*** Given data Section Begins ***

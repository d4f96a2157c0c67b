-- ===== src/Multiqueue.antt =====
-- mini_rtos/src/multiqueue.c and mini_rtos/include/multiqueue.h: the operations on one queue.
-- The items are linked by `next` and `prev` and belong to the queue alone, so a queue holds the list
-- of them from `head` to `tail`. A null queue is refused by every operation and has no model here;
-- a null buffer is `none`. Whether `malloc` succeeds is an argument. Each operation runs under the
-- queue's mutex and is one step.
pub mod Counts
pub mod Stable
pub mod Order
pub mod Run
mod Tests
use self_mini_os.Common.{
  ℕ, suc, ◌-◌, ◌||◌, Bool, true, false, Option, none, some, List, [], ◌∷◌, ◌++◌, ltb, leb, ◌==◌,
  if◌then◌else◌, take, length, add32, sub32, not,
}
use self_mini_os.Semaphore.{Semaphores}

pub data QueueType : Type 0 where
  fifo priority deadline round_robin weighted : QueueType

pub data QueuePolicy : Type 0 where
  block overwrite discard : QueuePolicy

-- `queue_stats_t`
pub record QueueStats : Type 0 where
  pub enqueued : ℕ
  pub dequeued : ℕ
  pub dropped : ℕ
  pub timeouts : ℕ
  pub peak_usage : ℕ
  pub current_usage : ℕ

-- `queue_item_t`: `payload` is the copy behind `data`
pub record QueueItem : Type 0 where
  pub payload : List ℕ
  pub size : ℕ
  pub priority : ℕ
  pub deadline : ℕ
  pub weight : ℕ

-- `queue_t`
pub record Queue (Sem : Type 0) : Type 0 where
  pub type : QueueType
  pub policy : QueuePolicy
  pub max_items : ℕ
  pub current_items : ℕ
  pub item_size : ℕ
  pub items : List QueueItem
  pub stats : QueueStats
  pub not_empty : Sem
  pub not_full : Sem

-- the arguments of `mqueue_enqueue`
pub record Request : Type 0 where
  pub buffer : Option (List ℕ)
  pub size : ℕ
  pub priority : ℕ
  pub deadline : ℕ
  pub weight : ℕ
  pub timeout_ms : ℕ

-- the two calls of `malloc` in `mqueue_enqueue`
pub record Memory : Type 0 where
  pub item : Bool
  pub payload : Bool

-- the loop `while (current->next && keep(current->next))`, and the link after `current`
pub link_after : (QueueItem → Bool) → QueueItem → List QueueItem → List QueueItem
link_after keep item [] = item ∷ []
link_after keep item (y ∷ ys) = if keep y then y ∷ link_after keep item ys else item ∷ y ∷ ys

pub insert_by_priority : QueueItem → List QueueItem → List QueueItem
insert_by_priority item [] = item ∷ []
insert_by_priority item (x ∷ xs) =
    if ltb x.priority item.priority
    then item ∷ x ∷ xs
    else x ∷ link_after (λ y. leb item.priority y.priority) item xs

pub insert_by_deadline : QueueItem → List QueueItem → List QueueItem
insert_by_deadline item [] = item ∷ []
insert_by_deadline item (x ∷ xs) =
    if ltb item.deadline x.deadline
    then item ∷ x ∷ xs
    else x ∷ link_after (λ y. leb y.deadline item.deadline) item xs

-- the `switch` of `mqueue_enqueue`
pub insert_item : QueueType → QueueItem → List QueueItem → List QueueItem
insert_item priority item xs = insert_by_priority item xs
insert_item deadline item xs = insert_by_deadline item xs
insert_item _ item xs = xs ++ item ∷ []

-- the round-robin case of `mqueue_dequeue`: the head goes to the tail unless it is alone
pub rotate : QueueType → List QueueItem → List QueueItem
rotate round_robin (x ∷ y ∷ ys) = y ∷ (ys ++ x ∷ [])
rotate _ xs = xs

-- `memset(&queue->stats, 0, …)`
pub zero_stats : QueueStats
zero_stats = record {
  enqueued = 0;
  dequeued = 0;
  dropped = 0;
  timeouts = 0;
  peak_usage = 0;
  current_usage = 0;
}

-- the new item, with its copy of the first `size` bytes of the buffer
pub item_of : Request → List ℕ → QueueItem
item_of r bytes = record {
  payload = take r.size bytes;
  size = r.size;
  priority = r.priority;
  deadline = r.deadline;
  weight = r.weight;
}

-- the counters after an item is linked
pub count_in : QueueStats → ℕ → QueueStats
count_in st n = record st {
  enqueued = add32 st.enqueued 1;
  peak_usage = if ltb st.peak_usage n then n else st.peak_usage;
  current_usage = n;
}

-- the counters after an item is taken
pub count_out : QueueStats → ℕ → QueueStats
count_out st n = record st { dequeued = add32 st.dequeued 1; current_usage = n }

pub expired : ℕ → List QueueItem → ℕ
expired now [] = 0
expired now (x ∷ xs) = if leb x.deadline now then suc (expired now xs) else expired now xs

pub keep_live : ℕ → List QueueItem → List QueueItem
keep_live now [] = []
keep_live now (x ∷ xs) = if leb x.deadline now then keep_live now xs else x ∷ keep_live now xs

module _ {Sem : Type 0} ⦃S : Semaphores Sem⦄ where
  pub timed_out : Queue Sem → Queue Sem
  timed_out q =
      let st = q.stats in record q { stats = record st { timeouts = add32 st.timeouts 1 } }

  -- the part of `mqueue_create` that fills in the structure
  pub new_queue : QueueType → QueuePolicy → ℕ → ℕ → Queue Sem
  unfolding zero_stats
  new_queue type policy max_items item_size = record {
    type = type;
    policy = policy;
    max_items = max_items;
    current_items = 0;
    item_size = item_size;
    items = [];
    stats = zero_stats;
    not_empty = S.create 0;
    not_full = S.create max_items;
  }

  -- from the link of the new item to `semaphore_post(queue->not_empty)`
  pub link : Queue Sem → QueueItem → Queue Sem
  unfolding insert_item insert_by_priority insert_by_deadline count_in
  link q item =
      let n = add32 q.current_items 1 in
      record q {
        items = insert_item q.type item q.items;
        current_items = n;
        stats = count_in q.stats n;
        not_empty = S.post q.not_empty;
      }

  -- `mqueue_enqueue` at a buffer that is not null
  pub enqueue_bytes : Queue Sem → Request → Memory → List ℕ → Bool × Queue Sem
  enqueue_bytes q r mem bytes =
      let (taken, sem) = S.wait q.not_full r.timeout_ms in
      let waited = record q { not_full = sem } in
      if ltb q.item_size r.size
      then (false, q)
      else if not taken
      then (false, timed_out waited)
      else if not mem.item || not mem.payload
      then (false, record q { not_full = S.post sem })
      else (true, link waited (item_of r bytes))

  pub enqueue : Queue Sem → Request → Memory → Bool × Queue Sem
  enqueue q r mem = elim r.buffer [ none ↦ (false, q) | some bytes ↦ enqueue_bytes q r mem bytes ]

  -- from the link of the head to `semaphore_post(queue->not_full)`
  pub unlink : Queue Sem → List QueueItem → Queue Sem
  unfolding count_out
  unlink q rest =
      let n = sub32 q.current_items 1 in
      record q {
        items = rest;
        current_items = n;
        stats = count_out q.stats n;
        not_full = S.post q.not_full;
      }

  -- with the buffers given, the result is what is written to `*size` and `data`
  pub dequeue : Queue Sem → ℕ → Option (ℕ × List ℕ) × Queue Sem
  dequeue q timeout_ms =
      let (taken, sem) = S.wait q.not_empty timeout_ms in
      let waited = record q { not_empty = sem } in
      if not taken then (none, timed_out waited) else elim (rotate q.type q.items) [
        | [] ↦ (none, waited)
        | x ∷ rest ↦ (some (x.size, x.payload), unlink waited rest)
      ]

  pub peek : Queue Sem → Option (ℕ × List ℕ)
  peek q = elim q.items [ [] ↦ none | x ∷ rest ↦ some (x.size, x.payload) ]

  pub flush : Queue Sem → Queue Sem
  flush q =
      let st = q.stats in
      record q {
        items = [];
        current_items = 0;
        stats = record st { dropped = add32 st.dropped (length q.items); current_usage = 0 };
        not_empty = S.reset q.not_empty 0;
        not_full = S.reset q.not_full q.max_items;
      }

  pub is_full : Queue Sem → Bool
  is_full q = leb q.max_items q.current_items

  pub is_empty : Queue Sem → Bool
  is_empty q = q.current_items == 0

  pub set_type : Queue Sem → QueueType → Queue Sem
  set_type q type = record q { type = type }

  pub set_policy : Queue Sem → QueuePolicy → Queue Sem
  set_policy q policy = record q { policy = policy }

  pub resize : Queue Sem → ℕ → Bool × Queue Sem
  resize q max_items = if ltb max_items q.current_items then (false, q) else (
    true,
    record q { max_items = max_items; not_full = S.reset q.not_full (max_items - q.current_items) },
  )

  -- the number removed, and the queue; neither semaphore is touched
  pub remove_expired : Queue Sem → ℕ → ℕ × Queue Sem
  unfolding expired keep_live
  remove_expired q now =
      let st = q.stats in
      let gone = expired now q.items in
      let n = sub32 q.current_items gone in
      (
        gone,
        record q {
          items = keep_live now q.items;
          current_items = n;
          stats = record st { dropped = add32 st.dropped gone; current_usage = n };
        },
      )

pub find_by_priority : ℕ → List QueueItem → Option QueueItem
find_by_priority p [] = none
find_by_priority p (x ∷ xs) = if x.priority == p then some x else find_by_priority p xs

pub find_by_deadline : ℕ → List QueueItem → Option QueueItem
find_by_deadline d [] = none
find_by_deadline d (x ∷ xs) = if x.deadline == d then some x else find_by_deadline d xs
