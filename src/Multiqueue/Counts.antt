-- ===== src/Multiqueue/Counts.antt =====
-- mini_rtos/src/multiqueue.c: the counters and the two semaphores against the items in the queue.
use self_mini_os.Common.{
  ℕ, suc, Bool-cases, ◌+◌, ◌-◌, ◌≤◌, ◌<◌, ◌≡◌, refl, inl, inr, Bool, List, [], ◌∷◌, arith, leb,
  length, length-append, u32_mod, Option-cases,
}
use self_mini_os.Semaphore.{Semaphores}
use self_mini_os.Multiqueue.{
  QueueType, priority, deadline, round_robin, QueuePolicy, QueueItem, Queue, Request, Memory,
  enqueue_bytes, link_after, insert_by_priority, insert_by_deadline, insert_item, rotate, expired,
  keep_live, new_queue, link, unlink, timed_out, enqueue, dequeue, flush, resize, remove_expired,
  item_of,
}

length-link_after :
    (keep : QueueItem → Bool) (item : QueueItem) (xs : List QueueItem)
    → length (link_after keep item xs) ≡ length xs + 1
unfolding link_after
length-link_after keep item [] = omega arith
length-link_after keep item (y ∷ ys) = ground (arith, length-link_after keep item ys)

pub length-insert_item :
    (t : QueueType) (item : QueueItem) (xs : List QueueItem)
    → length (insert_item t item xs) ≡ length xs + 1
unfolding insert_item insert_by_priority insert_by_deadline
length-insert_item priority item [] = omega arith
length-insert_item priority item (x ∷ xs) =
    ground (arith, length-link_after (λ y. leb item.priority y.priority) item xs)
length-insert_item deadline item [] = omega arith
length-insert_item deadline item (x ∷ xs) =
    ground (arith, length-link_after (λ y. leb y.deadline item.deadline) item xs)
length-insert_item _ item xs = omega (arith, length-append xs (item ∷ []))

pub length-rotate : (t : QueueType) (xs : List QueueItem) → length (rotate t xs) ≡ length xs
unfolding rotate
length-rotate round_robin [] = refl
length-rotate round_robin (x ∷ []) = refl
length-rotate round_robin (x ∷ y ∷ ys) = omega (arith, length-append ys (x ∷ []))
length-rotate _ xs = refl

pub length-keep_live :
    (now : ℕ) (xs : List QueueItem) → length (keep_live now xs) + expired now xs ≡ length xs
unfolding keep_live expired
length-keep_live now [] = omega arith
length-keep_live now (x ∷ xs) = ground (arith, length-keep_live now xs)

-- `ys` are the items of `xs` whose deadline is later than `now`, in their order, and `n` the number of the
-- others
pub data Sifted (now : ℕ) : List QueueItem → List QueueItem → ℕ → Type 0 where
  sifted : Sifted now [] [] 0
  dropped :
      {x : QueueItem} {xs ys : List QueueItem} {n : ℕ}
      → x.deadline ≤ now
      → Sifted now xs ys n
      → Sifted now (x ∷ xs) ys (suc n)
  kept :
      {x : QueueItem} {xs ys : List QueueItem} {n : ℕ}
      → now < x.deadline
      → Sifted now xs ys n
      → Sifted now (x ∷ xs) (x ∷ ys) n

keep_live-Sifted :
    (now : ℕ) (xs : List QueueItem) → Sifted now xs (keep_live now xs) (expired now xs)
unfolding keep_live expired
keep_live-Sifted now [] = sifted
keep_live-Sifted now (x ∷ xs) = elim (Bool-cases (leb x.deadline now)) [
  | inl e ↦ rw e (dropped (ground arith) (keep_live-Sifted now xs))
  | inr e ↦ rw e (kept (ground arith) (keep_live-Sifted now xs))
]

module _ {Sem : Type 0} ⦃S : Semaphores Sem⦄ where
  -- the counters agree with the items, whatever the semaphores hold
  pub record IsCounted (q : Queue Sem) : Type 0 where
    pub counted : q.current_items ≡ length q.items
    pub bounded : length q.items ≤ q.max_items
    pub small : q.max_items < u32_mod
    pub used : q.stats.current_usage ≡ length q.items
    pub peak : length q.items ≤ q.stats.peak_usage

  -- `not_empty` counts the items and `not_full` the free places
  pub record IsBalanced (q : Queue Sem) : Type 0 where
    pub filled : S.value q.not_empty ≡ length q.items
    pub free : S.value q.not_full + length q.items ≡ q.max_items

  pub record IsValid (q : Queue Sem) : Type 0 where
    pub counts : IsCounted q
    pub balance : IsBalanced q

  pub new_queue-IsValid :
      (t : QueueType) (p : QueuePolicy) (n size : ℕ) → n < u32_mod → IsValid (new_queue t p n size)
  unfolding new_queue
  new_queue-IsValid t p n size h = ground (arith, S.value-create 0, S.value-create n)

  link-IsValid :
      (q : Queue Sem) (item : QueueItem)
      → IsCounted q
      → S.value q.not_empty ≡ length q.items
      → S.value q.not_full + length q.items + 1 ≡ q.max_items
      → IsValid (link q item)
  unfolding link
  link-IsValid q item c e f =
      ground (arith, length-insert_item q.type item q.items, S.value-post q.not_empty)

  enqueue_bytes-IsValid :
      (q : Queue Sem) (r : Request) (mem : Memory) (bytes : List ℕ)
      → IsValid q
      → IsValid (enqueue_bytes q r mem bytes).1
  unfolding enqueue_bytes timed_out
  enqueue_bytes-IsValid q r mem bytes v =
      let sem = (S.wait q.not_full r.timeout_ms).1 in
      ground (
        arith,
        S.value-wait_true q.not_full r.timeout_ms,
        S.value-wait_false q.not_full r.timeout_ms,
        S.value-post sem,
        link-IsValid (record q { not_full = sem }) (item_of r bytes),
      )

  -- `mqueue_enqueue` keeps the queue valid on every path: a null buffer, an item too large, a
  -- timeout, either failure of `malloc`, and success.
  pub enqueue-IsValid :
      (q : Queue Sem) (r : Request) (mem : Memory) → IsValid q → IsValid (enqueue q r mem).1
  unfolding enqueue
  enqueue-IsValid q r mem v = elim (Option-cases r.buffer) [
    | inl e ↦ rw (e, enqueue) v
    | inr (bytes, e) ↦ rw (e, enqueue) (enqueue_bytes-IsValid q r mem bytes v)
  ]

  -- `mqueue_dequeue` keeps the queue valid, whether it times out or takes an item.
  pub dequeue-IsValid :
      (q : Queue Sem) (timeout_ms : ℕ) → IsValid q → IsValid (dequeue q timeout_ms).1
  unfolding dequeue timed_out unlink
  dequeue-IsValid q t v = ground (
    arith,
    S.value-wait_true q.not_empty t,
    S.value-wait_false q.not_empty t,
    S.value-post q.not_full,
    length-rotate q.type q.items,
  )

  pub flush-IsValid : (q : Queue Sem) → IsValid q → IsValid (flush q)
  unfolding flush
  flush-IsValid q v =
      ground (arith, S.value-reset q.not_empty 0, S.value-reset q.not_full q.max_items)

  -- `mqueue_resize` keeps the queue valid, whether it refuses the new bound or takes it.
  pub resize-IsValid : (q : Queue Sem) (n : ℕ) → n < u32_mod → IsValid q → IsValid (resize q n).1
  unfolding resize
  resize-IsValid q n h v = ground (arith, S.value-reset q.not_full (n - q.current_items))

  -- From a valid queue, `mqueue_enqueue`, `mqueue_dequeue` and `mqueue_resize` each leave a valid one
  -- (counters and semaphores agree with the items), on every path: a null buffer, an item too large, a
  -- timeout, either failure of `malloc`, a bound refused, and success.
  pub calls-IsValid :
      (q : Queue Sem) (r : Request) (mem : Memory) (timeout_ms n : ℕ)
      → n < u32_mod
      → IsValid q
      → IsValid (enqueue q r mem).1 × IsValid (dequeue q timeout_ms).1 × IsValid (resize q n).1
  calls-IsValid q r mem t n h v =
      (enqueue-IsValid q r mem v, dequeue-IsValid q t v, resize-IsValid q n h v)

  remove_expired_counts :
      (q : Queue Sem) (now : ℕ)
      → IsValid q
      → let (gone, q') = remove_expired q now in
        IsCounted q'
        × (S.value q'.not_empty ≡ length q'.items + gone)
        × (S.value q'.not_full + length q'.items + gone ≡ q'.max_items)
  unfolding remove_expired
  remove_expired_counts q now v = ground (arith, length-keep_live now q.items)

  -- `mqueue_remove_expired` removes the items whose deadline is not later than the time given, keeps the
  -- others in their order, returns how many it removed, and keeps the counters right, but leaves both
  -- semaphores as they were: `not_empty` then holds as many units too many as items were removed, and
  -- `not_full` as many too few.
  pub remove_expired_unbalances :
      (q : Queue Sem) (now : ℕ)
      → IsValid q
      → let (gone, q') = remove_expired q now in
        Sifted now q.items q'.items gone
        × IsCounted q'
        × (S.value q'.not_empty ≡ length q'.items + gone)
        × (S.value q'.not_full + length q'.items + gone ≡ q'.max_items)
  unfolding remove_expired
  remove_expired_unbalances q now v =
      let (counts, filled, free) = remove_expired_counts q now v in
      (keep_live-Sifted now q.items, counts, filled, free)
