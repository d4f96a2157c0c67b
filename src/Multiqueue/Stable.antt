-- ===== src/Multiqueue/Stable.antt =====
-- mini_rtos/src/multiqueue.c: the insertion loop of `mqueue_enqueue`, over any order of the items.
use self_mini_os.Common.{
  ◌≡◌, refl, ap, inl, inr, Bool, true, false, not, List, [], ◌∷◌, ◌++◌, arith, leb, Bool-cases, All,
  if◌then◌else◌,
}
use self_mini_os.Multiqueue.{QueueItem, link_after}

-- the items that pass a test, in their order
abbrev pub select : (QueueItem → Bool) → List QueueItem → List QueueItem
select keep [] = []
select keep (x ∷ xs) = if keep x then x ∷ select keep xs else select keep xs

select-All :
    (keep : QueueItem → Bool) (xs : List QueueItem)
    → All (λ x. keep x ≡ true) xs
    → select keep xs ≡ xs
select-All keep [] h = refl
select-All keep (x ∷ xs) h = rw h.0 (ap (λ r. x ∷ r) (select-All keep xs h.1))

select-All_not :
    (keep : QueueItem → Bool) (xs : List QueueItem)
    → All (λ x. keep x ≡ false) xs
    → select keep xs ≡ []
select-All_not keep [] h = refl
select-All_not keep (x ∷ xs) h = rw h.0 (select-All_not keep xs h.1)

-- `x` may stand before `y`
abbrev pub by_priority : QueueItem → QueueItem → Bool
by_priority x y = leb y.priority x.priority

abbrev pub by_deadline : QueueItem → QueueItem → Bool
by_deadline x y = leb x.deadline y.deadline

abbrev pub SortedBy : (QueueItem → QueueItem → Bool) → List QueueItem → Type 0
SortedBy leq [] = Unit
SortedBy leq (x ∷ xs) = All (λ y. leq x y ≡ true) xs × SortedBy leq xs

module _ (leq : QueueItem → QueueItem → Bool)
    (leq_trans : (x y z : QueueItem) → leq x y ≡ true → leq y z ≡ true → leq x z ≡ true)
    (leq_total : (x y : QueueItem) → leq x y ≡ false → leq y x ≡ true) where
  All-trans :
      (x y : QueueItem) (zs : List QueueItem)
      → leq x y ≡ true
      → All (λ z. leq y z ≡ true) zs
      → All (λ z. leq x z ≡ true) zs
  All-trans x y [] e h = tt
  All-trans x y (z ∷ zs) e h = (leq_trans x y z e h.0, All-trans x y zs e h.1)

  All-later :
      (x item : QueueItem) (zs : List QueueItem)
      → leq x item ≡ false
      → All (λ z. leq x z ≡ true) zs
      → All (λ z. leq z item ≡ false) zs
  All-later x item [] e h = tt
  All-later x item (z ∷ zs) e h = (ground (arith, leq_trans x z item), All-later x item zs e h.1)

  All-not :
      (item : QueueItem) (zs : List QueueItem)
      → All (λ z. leq z item ≡ false) zs
      → All (λ z. not (leq z item) ≡ true) zs
  All-not item [] h = tt
  All-not item (z ∷ zs) h = (rw h.0, All-not item zs h.1)

  -- The loop puts the item behind all that may stand before it, and before all others.
  pub link_after-stable :
      (item : QueueItem) (xs : List QueueItem)
      → SortedBy leq xs
      → link_after (λ y. leq y item) item xs
        ≡ select (λ y. leq y item) xs ++ item ∷ select (λ y. not (leq y item)) xs
  unfolding link_after
  link_after-stable item [] s = refl
  link_after-stable item (x ∷ xs) s = elim (Bool-cases (leq x item)) [
    | inl e ↦ rw e (ap (λ r. x ∷ r) (link_after-stable item xs s.1))
    | inr e ↦
        let later = All-later x item xs e s.0 in
        rw (e, select-All_not (λ y. leq y item) xs later)
          (rw (select-All (λ y. not (leq y item)) xs (All-not item xs later)))
  ]

  All-link_after :
      (x item : QueueItem) (keep : QueueItem → Bool) (xs : List QueueItem)
      → leq x item ≡ true
      → All (λ y. leq x y ≡ true) xs
      → All (λ y. leq x y ≡ true) (link_after keep item xs)
  unfolding link_after
  All-link_after x item keep [] e h = (e, tt)
  All-link_after x item keep (y ∷ ys) e h = elim (Bool-cases (keep y)) [
    | inl k ↦ rw k (h.0, All-link_after x item keep ys e h.1)
    | inr k ↦ rw k (e, h)
  ]

  pub link_after-SortedBy :
      (item : QueueItem) (xs : List QueueItem)
      → SortedBy leq xs
      → SortedBy leq (link_after (λ y. leq y item) item xs)
  unfolding link_after
  link_after-SortedBy item [] s = (tt, tt)
  link_after-SortedBy item (x ∷ xs) s = elim (Bool-cases (leq x item)) [
    | inl e ↦
        rw e (All-link_after x item (λ y. leq y item) xs e s.0, link_after-SortedBy item xs s.1)
    | inr e ↦ let first = leq_total x item e in rw e ((first, All-trans item x xs first s.0), s)
  ]
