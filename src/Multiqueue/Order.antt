-- ===== src/Multiqueue/Order.antt =====
-- mini_rtos/src/multiqueue.c: the order of the items in priority and deadline queues, and what
-- dequeuing takes.
use self_mini_os.Common.{
  ℕ, ◌≡◌, refl, Bool, true, some, List, [], ◌∷◌, ◌++◌, arith, length, not, ap,
}
use self_mini_os.Semaphore.{Semaphores}
use self_mini_os.Multiqueue.{
  priority, deadline, round_robin, QueueItem, Queue, Request, Memory, enqueue_bytes, link_after,
  insert_by_priority, insert_by_deadline, insert_item, rotate, link, unlink, enqueue, dequeue,
  item_of,
}
use self_mini_os.Multiqueue.Stable.{
  select, by_priority, by_deadline, SortedBy, link_after-stable, link_after-SortedBy,
}
use self_mini_os.Multiqueue.Counts.{IsValid}

insert_by_priority-eq-link_after :
    (item : QueueItem) (xs : List QueueItem)
    → insert_by_priority item xs ≡ link_after (λ y. by_priority y item) item xs
unfolding insert_by_priority link_after
insert_by_priority-eq-link_after item [] = refl
insert_by_priority-eq-link_after item (x ∷ xs) = ground arith

insert_by_deadline-eq-link_after :
    (item : QueueItem) (xs : List QueueItem)
    → insert_by_deadline item xs ≡ link_after (λ y. by_deadline y item) item xs
unfolding insert_by_deadline link_after
insert_by_deadline-eq-link_after item [] = refl
insert_by_deadline-eq-link_after item (x ∷ xs) = ground arith

-- `item` stands in `ys` behind the items of `xs` that may stand before it, in their order, and
-- before all the others, in theirs, and `ys` is sorted
pub record StablyInserted (leq : QueueItem → QueueItem → Bool) (item : QueueItem)
    (xs ys : List QueueItem) : Type 0 where
  pub placed : ys ≡ select (λ y. leq y item) xs ++ item ∷ select (λ y. not (leq y item)) xs
  pub sorted : SortedBy leq ys

insert_by_priority-StablyInserted :
    (item : QueueItem) (xs : List QueueItem)
    → SortedBy by_priority xs
    → StablyInserted by_priority item xs (insert_by_priority item xs)
insert_by_priority-StablyInserted item xs s = rw insert_by_priority-eq-link_after (record {
  placed =
      link_after-stable by_priority (λ x y z p q. ground arith) (λ x y p. ground arith) item xs s;
  sorted =
      link_after-SortedBy by_priority (λ x y z p q. ground arith) (λ x y p. ground arith) item xs s;
})

insert_by_deadline-StablyInserted :
    (item : QueueItem) (xs : List QueueItem)
    → SortedBy by_deadline xs
    → StablyInserted by_deadline item xs (insert_by_deadline item xs)
insert_by_deadline-StablyInserted item xs s = rw insert_by_deadline-eq-link_after (record {
  placed =
      link_after-stable by_deadline (λ x y z p q. ground arith) (λ x y p. ground arith) item xs s;
  sorted =
      link_after-SortedBy by_deadline (λ x y z p q. ground arith) (λ x y p. ground arith) item xs s;
})

module _ {Sem : Type 0} ⦃S : Semaphores Sem⦄ where
  enqueue_items :
      (q : Queue Sem) (r : Request) (mem : Memory) {bytes : List ℕ}
      → r.buffer ≡ some bytes
      → (enqueue q r mem).0 ≡ true
      → (enqueue q r mem).1.items ≡ insert_item q.type (item_of r bytes) q.items
  unfolding enqueue enqueue_bytes link
  enqueue_items q r mem b ok = rw (b, enqueue) (ground arith)

  -- In a priority queue whose items are sorted, highest priority first, an `mqueue_enqueue` that
  -- succeeds leaves them sorted, with the new one behind all those of its own priority or a higher one, and the others in
  -- the order they had.
  pub enqueue-priority :
      (q : Queue Sem) (r : Request) (mem : Memory) {bytes : List ℕ}
      → q.type ≡ priority
      → SortedBy by_priority q.items
      → r.buffer ≡ some bytes
      → (enqueue q r mem).0 ≡ true
      → StablyInserted by_priority (item_of r bytes) q.items (enqueue q r mem).1.items
  unfolding insert_item
  enqueue-priority q r mem t s b ok =
      rw (enqueue_items q r mem b ok, t) (insert_by_priority-StablyInserted (item_of r _) q.items s)

  -- In a deadline queue, an `mqueue_enqueue` that succeeds leaves the items sorted, earliest deadline
  -- first, with the new one behind all those of its own deadline or an earlier one, and the others in
  -- the order they had.
  pub enqueue-deadline :
      (q : Queue Sem) (r : Request) (mem : Memory) {bytes : List ℕ}
      → q.type ≡ deadline
      → SortedBy by_deadline q.items
      → r.buffer ≡ some bytes
      → (enqueue q r mem).0 ≡ true
      → StablyInserted by_deadline (item_of r bytes) q.items (enqueue q r mem).1.items
  unfolding insert_item
  enqueue-deadline q r mem t s b ok =
      rw (enqueue_items q r mem b ok, t) (insert_by_deadline-StablyInserted (item_of r _) q.items s)

  -- A round-robin queue that holds at least two items hands out the second one: the head is moved to
  -- the tail before the dequeue, and the rest keep their order.
  pub dequeue-round_robin :
      (q : Queue Sem) (timeout_ms : ℕ) {x y : QueueItem} {ys : List QueueItem}
      → IsValid q
      → q.type ≡ round_robin
      → q.items ≡ x ∷ y ∷ ys
      → ((dequeue q timeout_ms).0 ≡ some (y.size, y.payload))
        × ((dequeue q timeout_ms).1.items ≡ ys ++ x ∷ [])
  unfolding dequeue rotate unlink
  dequeue-round_robin q t {x} {y} {ys} v e f =
      let there = S.wait_pos q.not_empty t (omega (arith, v.balance.filled, ap length f)) in
      ground (arith, there)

*** Given data Section Ends ***

> Your instructions
The expected answer is an exact copy of the lines above, beginning at the line with "(t : QueueType) (item" and ending at the line with "length-insert_item priority item (x", with both ends in.

> Response
    (t : QueueType) (item : QueueItem) (xs : List QueueItem)
    → length (insert_item t item xs) ≡ length xs + 1
unfolding insert_item insert_by_priority insert_by_deadline
length-insert_item priority item [] = omega arith
length-insert_item priority item (x ∷ xs) =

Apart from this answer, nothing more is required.